Material for this exercise section start

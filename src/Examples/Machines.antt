-- ===== src/Examples/Machines.antt =====
-- A platform, a machine definition, and a log that is the list of its entries.
use rstmdb.Base.{ℕ, false, Option, some, none, List, [], ◌∷◌, ◌++◌, ltb, leb, eqb, not, length, ◌+◌}
use rstmdb.Base.Result.{ok}
use rstmdb.Wal.Entry.{WalOps, Logged}
use rstmdb.Core.Json.{Value, Fields}
use rstmdb.Core.Guard.Expr.{Platform}
use rstmdb.Core.Definition.{Libraries, MachineDefinitionRaw}

-- Numbers are natural numbers, and no text is a number.
abbrev pub platform : Platform
platform = record {
  Number = ℕ;
  Float = ℕ;
  as_f64 = λ n. some n;
  from_f64 = λ n. some n;
  nonzero = λ n. not (eqb n 0);
  gt = λ a b. ltb b a;
  ge = λ a b. leb b a;
  lt = ltb;
  le = leb;
  near = eqb;
  parse_f64 = λ s. none;
  alphanumeric = λ n. false;
}

abbrev pub order : MachineDefinitionRaw ℕ
order = record {
  states = "created" ∷ "paid" ∷ [];
  initial = "created";
  transitions = (record { from = "created" ∷ []; event = "PAY"; to = "paid"; guard = none }) ∷ [];
  meta = none;
}

-- Every object is the definition of `order`.
abbrev raw_of : Value ℕ → Option (MachineDefinitionRaw ℕ)
raw_of (Value.object fields) = some order
raw_of _ = none

abbrev pub libraries : Libraries
libraries = record {
  platform = platform;
  crc32c = λ bytes. 7;
  raw_of_json = raw_of;
  raw_bytes = λ raw. some [];
}

abbrev pub list_ops : WalOps ℕ
list_ops = record {
  Wal = List (Logged ℕ);
  append = λ w e. (ok (length w + 1, length w), w ++ ((length w + 1, length w, e) ∷ []));
  read_from = λ w from limit. (ok w, w);
}

abbrev pub empty_object : Value ℕ
empty_object = Value.object Fields.end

Material for this exercise section end

What you have to do:
The records above need copying. Do it exactly.

Solution below:
filename src/Examples/Machines.antt
-- ===== src/Examples/Machines.antt =====
-- A platform, a machine definition, and a log that is the list of its entries.
use rstmdb.Base.{ℕ, false, Option, some, none, List, [], ◌∷◌, ◌++◌, ltb, leb, eqb, not, length, ◌+◌}
use rstmdb.Base.Result.{ok}
use rstmdb.Wal.Entry.{WalOps, Logged}
use rstmdb.Core.Json.{Value, Fields}
use rstmdb.Core.Guard.Expr.{Platform}
use rstmdb.Core.Definition.{Libraries, MachineDefinitionRaw}

-- Numbers are natural numbers, and no text is a number.
abbrev pub platform : Platform
platform = record {
  Number = ℕ;
  Float = ℕ;
  as_f64 = λ n. some n;
  from_f64 = λ n. some n;
  nonzero = λ n. not (eqb n 0);
  gt = λ a b. ltb b a;
  ge = λ a b. leb b a;
  lt = ltb;
  le = leb;
  near = eqb;
  parse_f64 = λ s. none;
  alphanumeric = λ n. false;
}

abbrev pub order : MachineDefinitionRaw ℕ
order = record {
  states = "created" ∷ "paid" ∷ [];
  initial = "created";
  transitions = (record { from = "created" ∷ []; event = "PAY"; to = "paid"; guard = none }) ∷ [];
  meta = none;
}

-- Every object is the definition of `order`.
abbrev raw_of : Value ℕ → Option (MachineDefinitionRaw ℕ)
raw_of (Value.object fields) = some order
raw_of _ = none

abbrev pub libraries : Libraries
libraries = record {
  platform = platform;
  crc32c = λ bytes. 7;
  raw_of_json = raw_of;
  raw_bytes = λ raw. some [];
}

abbrev pub list_ops : WalOps ℕ
list_ops = record {
  Wal = List (Logged ℕ);
  append = λ w e. (ok (length w + 1, length w), w ++ ((length w + 1, length w, e) ∷ []));
  read_from = λ w from limit. (ok w, w);
}

abbrev pub empty_object : Value ℕ
empty_object = Value.object Fields.end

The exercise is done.